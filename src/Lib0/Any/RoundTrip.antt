-- ===== src/Lib0/Any/RoundTrip.antt =====
-- WriteAny against ReadAny.
use mathlib.Core.Path.{fun_ext, subst}
use native.Mathlib.Nat.{le_refl, pow-suc}
use crdt_server.Base.{
  ℕ, zero, suc, ◌+◌, ◌-◌, ◌*◌, ◌/◌, ◌%◌, ◌^◌, ◌≤◌, ◌<◌, ◌≡◌, refl, sym, ap, inl, inr, List, [], ◌∷◌,
  ◌++◌, Bool, true, false, ltb, le→ltb, length, length-append, unexpected_eof, arith, if◌then◌else◌,
  err,
}
use crdt_server.Lib0.Decoder.{Read, ◌>>=◌, pure, remaining, read_bytes, read_var_uint}
use crdt_server.Lib0.Encoder.{Encoder, write_uint8, write_bytes, write_var_int, write_var_uint}
use crdt_server.Lib0.Transfer.{
  Transfers, Transfers-pure, Transfers-weaken, Transfers-map, Transfers-bind, Transfers-bounded,
  write_each,
}
use crdt_server.Lib0.VarUint.{var_uint-Transfers}
use crdt_server.Lib0.VarInt.{var_int-Transfers, IsSafeInt}
use crdt_server.Lib0.Bytes.{
  uint8-Transfers, bytes-Transfers, var_string-Transfers, var_uint8_array-Transfers,
}
use crdt_server.Lib0.Float.{is_nan, is_int31, is_float32}
use crdt_server.Lib0.Float.Exact.{IsInt31, of_int64-exact, of_int64-ne-neg_zero}
use crdt_server.Lib0.Float
use crdt_server.Lib0.Any.{
  Any, Values, Fields, undefined, null, unsupported, boolean, string, uint8_array, big_int, int64,
  uint64, float32, float64, array, object, map, nil, cons, end, field, length_values, length_fields,
  big_endian, from_big_endian, write_number, write_keyed, write_fields, enter, write_any_at,
  write_values, field_writers, write_any, read_values, read_fields, read_tagged, read_any_at,
  read_any,
}

-- The values that come back as they were, `levels` levels of nesting allowed: those that a
-- decoder gives for what a JavaScript client writes. A float64 is one that neither an integer
-- nor a float32 stands for, and there is one NaN.
abbrev mutual
  pub IsCanonical : Any → ℕ → Type 0
  IsCanonical undefined l = 0 < l
  IsCanonical null l = 0 < l
  IsCanonical unsupported l = ⊥
  IsCanonical (boolean b) l = 0 < l
  IsCanonical (string s) l = (0 < l) × (length s < 2 ^ 53)
  IsCanonical (uint8_array b) l = (0 < l) × (length b < 2 ^ 53)
  IsCanonical (big_int t) l = (0 < l) × (t < 2 ^ 64)
  IsCanonical (int64 t) l = (0 < l) × IsInt31 t
  IsCanonical (uint64 t) l = ⊥
  IsCanonical (float32 t) l = (0 < l) × (t < 2 ^ 32)
  IsCanonical (float64 t) l =
      (0 < l)
      × (t < 2 ^ 64)
      × (is_int31 t ≡ false)
      × (is_float32 t ≡ false)
      × (if is_nan t then t ≡ 0x7FF8000000000000 else Unit {0})
  IsCanonical (array xs) l = (0 < l) × (length_values xs < 2 ^ 53) × IsCanonicalValues xs (l - 1)
  IsCanonical (object fs) l = (0 < l) × (length_fields fs < 2 ^ 53) × IsCanonicalFields fs (l - 1)
  IsCanonical (map fs) l = ⊥

  pub IsCanonicalValues : Values → ℕ → Type 0
  IsCanonicalValues nil l = Unit {0}
  IsCanonicalValues (cons x xs) l = IsCanonical x l × IsCanonicalValues xs l

  pub IsCanonicalFields : Fields → ℕ → Type 0
  IsCanonicalFields end l = Unit {0}
  IsCanonicalFields (field k v fs) l =
      (length k < 2 ^ 53) × IsCanonical v l × IsCanonicalFields fs l

from_big_endian-append :
    (acc : ℕ) (xs : List ℕ) (b : ℕ)
    → from_big_endian acc (xs ++ (b ∷ [])) ≡ from_big_endian acc xs * 256 + b
unfolding from_big_endian
from_big_endian-append acc [] b = refl
from_big_endian-append acc (x ∷ xs) b = from_big_endian-append (acc * 256 + x) xs b

from_big_endian-big_endian : (n v : ℕ) → v < 256 ^ n → from_big_endian 0 (big_endian n v) ≡ v
unfolding big_endian
from_big_endian-big_endian zero v h = unfold from_big_endian in omega arith
from_big_endian-big_endian (suc n) v h =
    rw
      (
        from_big_endian-append 0 (big_endian n (v / 256)) (v % 256),
        from_big_endian-big_endian n (v / 256) (omega (arith, pow-suc 256 n)),
      )
      (omega arith)

length-big_endian : (n v : ℕ) → length (big_endian n v) ≡ n
unfolding big_endian
length-big_endian zero v = refl
length-big_endian (suc n) v =
    omega (
      arith,
      length-append (big_endian n (v / 256)) ((v % 256) ∷ []),
      length-big_endian n (v / 256),
    )

-- A word of `n` bytes.
word-Transfers :
    (n v : ℕ) (f : ℕ → Any)
    → v < 256 ^ n
    → Transfers
        (write_bytes (big_endian n v))
        (read_bytes n >>= λ b. pure (f (from_big_endian 0 b)))
        (f v)
        n
word-Transfers n v f h =
    subst
      (λ (m : ℕ).
        Transfers (write_bytes (big_endian n v))
          (read_bytes m >>= λ b. pure (f (from_big_endian 0 b))) (f v) m)
      (length-big_endian n v)
      (subst
        (λ (u : ℕ).
          Transfers (write_bytes (big_endian n v))
            (read_bytes (length (big_endian n v)) >>= λ b. pure (f (from_big_endian 0 b))) (f u)
            (length (big_endian n v)))
        (from_big_endian-big_endian n v h)
        (Transfers-map (λ b. f (from_big_endian 0 b)) (bytes-Transfers (big_endian n v))))

-- What writeNumber does with a small integer, and with a float64 that needs all its bits.
write_number-int31 :
    (t : ℕ)
    → IsInt31 t
    → write_number (Float.of_int64 t) ≡ (λ e. write_var_int t (write_uint8 125 e))
unfolding write_number
write_number-int31 t h =
    let (small, same) = of_int64-exact t h in
    fun_ext λ e. rw (small, of_int64-ne-neg_zero t h, same)

write_number-float64 :
    (t : ℕ)
    → is_int31 t ≡ false
    → is_float32 t ≡ false
    → (if is_nan t then t ≡ 0x7FF8000000000000 else Unit {0})
    → write_number t ≡ (λ e. write_bytes (big_endian 8 t) (write_uint8 123 e))
unfolding write_number
write_number-float64 t h k n = fun_ext λ e. rw (h, k, payload (is_nan t) n)
  where
    payload :
        (b : Bool)
        → (if b then t ≡ 0x7FF8000000000000 else Unit {0})
        → (if b then 0x7FF8000000000000 else t) ≡ t
    payload true p = sym p
    payload false p = refl

Transfers-enter :
    {w : Encoder → Encoder} {r : Read Any} {a : Any} {m : ℕ} (depth : ℕ)
    → depth ≤ 128
    → Transfers w r a m
    → Transfers (enter depth w) r a m
unfolding enter
Transfers-enter {w} depth h t = record {
  bytes = t.bytes;
  writes = λ b. rw (le→ltb depth 128 h) (t.writes b);
  reads = t.reads;
  long = t.long;
}

-- A value behind its tag.
Transfers-tagged :
    {w : Encoder → Encoder} {a : Any} {m : ℕ} (levels depth tag : ℕ)
    → suc levels + depth ≡ 129
    → Transfers w (read_tagged (read_any_at levels) tag) a m
    → Transfers (enter depth (λ e. w (write_uint8 tag e))) (read_any_at (suc levels)) a 1
unfolding read_any_at
Transfers-tagged levels depth tag h t = Transfers-enter depth (omega arith) (
    Transfers-weaken (omega arith)
      (Transfers-bind (read_tagged (read_any_at levels)) (uint8-Transfers tag) t))

-- A counted sequence, whose count is checked against what is left to read.
Transfers-counted :
    {A : Type 0} {w : Encoder → Encoder} {a : A} (c n : ℕ) (r : ℕ → Read A) (f : A → Any)
    → c ≡ n
    → n < 2 ^ 53
    → Transfers w (r n) a n
    → Transfers
        (λ e. w (write_var_uint c e))
        (read_var_uint >>= λ n.
          (λ d. if ltb (remaining d) n then err unexpected_eof else r n d) >>= λ x. pure (f x))
        (f a)
        (1 + n)
Transfers-counted c n r f e h t = rw e (
    Transfers-bind
      (λ n. (λ d. if ltb (remaining d) n then err unexpected_eof else r n d) >>= λ x. pure (f x))
      (var_uint-Transfers n h) (Transfers-map f (Transfers-bounded n unexpected_eof (le_refl n) t)))

length-field_writers :
    (fs : Fields) (depth : ℕ) → length (field_writers fs depth) ≡ length_fields fs
unfolding write_any_at length_fields
length-field_writers end depth = refl
length-field_writers (field k v fs) depth = ap suc (length-field_writers fs depth)

IsInt31-IsSafeInt : (t : ℕ) → IsInt31 t → IsSafeInt t
IsInt31-IsSafeInt t (inl h) = inl (omega arith)
IsInt31-IsSafeInt t (inr (lo, hi)) = inr (omega arith, hi)

one_fewer : (l : ℕ) → suc l - 1 ≡ l
one_fewer l = omega arith

mutual
  unfolding write_any_at read_tagged read_values read_fields length_values length_fields write_each
      write_keyed write_fields

  any_at-Transfers :
      (v : Any) (levels depth : ℕ)
      → levels + depth ≡ 129
      → IsCanonical v levels
      → Transfers (write_any_at v depth) (read_any_at levels) v 1
  any_at-Transfers unsupported levels depth e h = absurd h
  any_at-Transfers (uint64 t) levels depth e h = absurd h
  any_at-Transfers (map fs) levels depth e h = absurd h
  any_at-Transfers null zero depth e h = absurd (omega arith)
  any_at-Transfers null (suc l) depth e h = Transfers-tagged l depth 126 e (Transfers-pure null)
  any_at-Transfers undefined zero depth e h = absurd (omega arith)
  any_at-Transfers undefined (suc l) depth e h =
      Transfers-tagged l depth 127 e (Transfers-pure undefined)
  any_at-Transfers (boolean b) zero depth e h = absurd (omega arith)
  any_at-Transfers (boolean true) (suc l) depth e h =
      Transfers-tagged l depth 120 e (Transfers-pure (boolean true))
  any_at-Transfers (boolean false) (suc l) depth e h =
      Transfers-tagged l depth 121 e (Transfers-pure (boolean false))
  any_at-Transfers (string s) zero depth e h = absurd (omega arith)
  any_at-Transfers (string s) (suc l) depth e (_, h) =
      Transfers-tagged l depth 119 e (Transfers-map string (var_string-Transfers s h))
  any_at-Transfers (uint8_array b) zero depth e h = absurd (omega arith)
  any_at-Transfers (uint8_array b) (suc l) depth e (_, h) =
      Transfers-tagged l depth 116 e (Transfers-map uint8_array (var_uint8_array-Transfers b h))
  any_at-Transfers (big_int t) zero depth e h = absurd (omega arith)
  any_at-Transfers (big_int t) (suc l) depth e (_, h) =
      Transfers-tagged l depth 122 e (word-Transfers 8 t big_int h)
  any_at-Transfers (float32 t) zero depth e h = absurd (omega arith)
  any_at-Transfers (float32 t) (suc l) depth e (_, h) =
      Transfers-tagged l depth 124 e (word-Transfers 4 t float32 h)
  any_at-Transfers (int64 t) zero depth e (h, _) = absurd (omega arith)
  any_at-Transfers (int64 t) (suc l) depth e (_, h) = rw (write_number-int31 t h) (
      Transfers-tagged l depth 125 e
        (Transfers-map int64 (var_int-Transfers t (IsInt31-IsSafeInt t h))))
  any_at-Transfers (float64 t) zero depth e h = absurd (omega arith)
  any_at-Transfers (float64 t) (suc l) depth e (_, fits, i, f, n) =
      rw (write_number-float64 t i f n)
        (Transfers-tagged l depth 123 e (word-Transfers 8 t float64 fits))
  any_at-Transfers (array xs) zero depth e h = absurd (omega arith)
  any_at-Transfers (array xs) (suc l) depth e (_, fits, h) = Transfers-tagged l depth 117 e (
      Transfers-counted _ (length_values xs) (λ n. read_values n (read_any_at l)) array refl fits
        (values-Transfers xs l (suc depth) (omega arith) (rw (one_fewer l) at h)))
  any_at-Transfers (object fs) zero depth e h = absurd (omega arith)
  any_at-Transfers (object fs) (suc l) depth e (_, fits, h) = Transfers-tagged l depth 118 e (
      Transfers-counted _ (length_fields fs) (λ n. read_fields n (read_any_at l)) object
        (length-field_writers fs (suc depth)) fits
        (fields-Transfers fs l (suc depth) (omega arith) (rw (one_fewer l) at h)))

  values-Transfers :
      (xs : Values) (levels depth : ℕ)
      → levels + depth ≡ 129
      → IsCanonicalValues xs levels
      → Transfers
          (write_values xs depth)
          (read_values (length_values xs) (read_any_at levels))
          xs
          (length_values xs)
  values-Transfers nil levels depth e h = Transfers-pure nil
  values-Transfers (cons x xs) levels depth e (h, hs) = Transfers-weaken (omega arith) (
      Transfers-bind
        (λ x. read_values (length_values xs) (read_any_at levels) >>= λ xs. pure (cons x xs))
        (any_at-Transfers x levels depth e h)
        (Transfers-map (cons x) (values-Transfers xs levels depth e hs)))

  fields-Transfers :
      (fs : Fields) (levels depth : ℕ)
      → levels + depth ≡ 129
      → IsCanonicalFields fs levels
      → Transfers
          (write_each write_keyed (field_writers fs depth))
          (read_fields (length_fields fs) (read_any_at levels))
          fs
          (length_fields fs)
  fields-Transfers end levels depth e h = Transfers-pure end
  fields-Transfers (field k v fs) levels depth e (hk, h, hs) = Transfers-weaken (omega arith) (
      Transfers-bind
        (λ k. read_any_at levels >>= λ v.
          read_fields (length_fields fs) (read_any_at levels) >>= λ fs. pure (field k v fs))
        (var_string-Transfers k hk)
        (Transfers-bind
          (λ v. read_fields (length_fields fs) (read_any_at levels) >>= λ fs. pure (field k v fs))
          (any_at-Transfers v levels depth e h)
          (Transfers-map (field k v) (fields-Transfers fs levels depth e hs))))

-- A canonical value that nests at most 129 deep is read back as it was written.
pub write_any-Transfers : (v : Any) → IsCanonical v 129 → Transfers (write_any v) read_any v 1
unfolding write_any read_any
write_any-Transfers v h = any_at-Transfers v 129 0 (omega arith) h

EXERCISE GOAL:
The required result is an exact repeat of the records above from the line containing "(Transfers-map (field k" to their final line.

SOLUTION FOR THIS EXERCISE:
          (Transfers-map (field k v) (fields-Transfers fs levels depth e hs))))

-- A canonical value that nests at most 129 deep is read back as it was written.
pub write_any-Transfers : (v : Any) → IsCanonical v 129 → Transfers (write_any v) read_any v 1
unfolding write_any read_any
write_any-Transfers v h = any_at-Transfers v 129 0 (omega arith) h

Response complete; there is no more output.